**DIRECTIONS FOR THIS TASK:**
The expected answer is the set of lines in the data below between the line holding "-- handler, which leaves the first entry." and the line holding "none ↦ (none, begun)", inclusive, written out exactly.

**MATERIAL FOR THIS TASK:**
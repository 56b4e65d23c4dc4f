-- ===== src/Routers/AccessLog.antt =====
-- routers/middleware.go: AccessLogMiddleware. The dump of a request, the UUID and the next handler are
-- arguments; the time that a request took is left out of its entry.
use go_websocket.Prelude.{
  ℕ, ◌≡◌, refl, false, ◌&&◌, Option, none, some, List, [], ◌∷◌, ◌++◌, arith, ◌==◌, if◌then◌else◌,
  Bool-cases, Option-cases, inl, inr, append_assoc,
}
use go_websocket.Prelude.Text.{Str, str_eq, Free}

-- strings.Replace of each pair of two bytes by a space.
unfoldable pub replace_pair : ℕ → ℕ → Str → Str
replace_pair a b [] = []
replace_pair a b (c ∷ []) = c ∷ []
replace_pair a b (c ∷ d ∷ s) =
    let replaced = b' ' ∷ replace_pair a b s in
    let kept = c ∷ replace_pair a b (d ∷ s) in if c == a && d == b then replaced else kept

-- And of each byte.
unfoldable pub replace_byte : ℕ → Str → Str
replace_byte a [] = []
replace_byte a (c ∷ s) = (if c == a then b' ' else c) ∷ replace_byte a s

-- The request in one line: "\r\n" and then "\n" are replaced.
unfoldable pub one_line : Str → Str
unfolding replace_pair replace_byte
one_line dump = replace_byte 10 (replace_pair 13 10 dump)

pub record Request : Type 0 where
  pub trace_id : Str
  pub dump : Str
  pub method : Str
  pub request_uri : Str
  pub remote_addr : Str

pub data Entry : Type 0 where
  request_entry : Str → Str → Entry
  access_entry : Str → Str → Str → Str → Entry

abbrev pub trace_of : Str → Request → Str
trace_of uuid r = if str_eq r.trace_id [] then uuid else r.trace_id

-- AccessLogMiddleware: the state after the next handler, and the log; `none` is a panic of the next
-- handler, which leaves the first entry.
unfoldable pub access_log {ℓ} :
    {W : Type ℓ} → Str → (Request → W → Option W) → Request → W → List Entry → Option W × List Entry
unfolding one_line
access_log uuid next r w log =
    let trace = trace_of uuid r in
    let begun = log ++ request_entry trace (one_line r.dump) ∷ [] in
    elim (next r w) [
      | none ↦ (none, begun)
      | some v ↦ (some v, begun ++ access_entry trace r.remote_addr r.method r.request_uri ∷ [])
    ]

replace_byte-Free : (a : ℕ) (s : Str) → (b' ' == a) ≡ false → Free a (replace_byte a s)
unfolding replace_byte
replace_byte-Free a [] h = tt
replace_byte-Free a (c ∷ s) h = elim (Bool-cases (c == a)) [
  | inl e ↦ rw e (h, replace_byte-Free a s h)
  | inr e ↦ rw e (e, replace_byte-Free a s h)
]

abbrev pub text_of : Entry → Str
text_of (request_entry trace text) = text
text_of (access_entry trace addr method uri) = []

-- The middleware does to the state what the next handler does, writes before it an entry that is one
-- line, with no line feed in it, and where the handler returns one more entry with the same trace
-- id; what the log had is kept.
pub access_log_lem {ℓ} :
    {W : Type ℓ} (uuid : Str) (next : Request → W → Option W) (r : Request) (w : W)
    (log : List Entry)
    → ((access_log uuid next r w log).0 ≡ next r w)
      × ((line : Str) × (Free 10 line)
          × ((access_log uuid next r w log).1
              ≡ log
                ++ request_entry (trace_of uuid r) line ∷ elim (next r w) [
                  | none ↦ []
                  | some v ↦
                      access_entry (trace_of uuid r) r.remote_addr r.method r.request_uri ∷ []
                ]))
unfolding access_log one_line
access_log_lem uuid next r w log = (
  ground arith,
  (
    one_line r.dump,
    replace_byte-Free 10 (replace_pair 13 10 r.dump) refl,
    elim (Option-cases (next r w)) [
      | inl e ↦ rw (e, access_log)
      | inr (v, e) ↦ rw (e, access_log) (append_assoc log _ _)
    ],
  ),
)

**SOLVED EXERCISE:**
-- handler, which leaves the first entry.
unfoldable pub access_log {ℓ} :
    {W : Type ℓ} → Str → (Request → W → Option W) → Request → W → List Entry → Option W × List Entry
unfolding one_line
access_log uuid next r w log =
    let trace = trace_of uuid r in
    let begun = log ++ request_entry trace (one_line r.dump) ∷ [] in
    elim (next r w) [
      | none ↦ (none, begun)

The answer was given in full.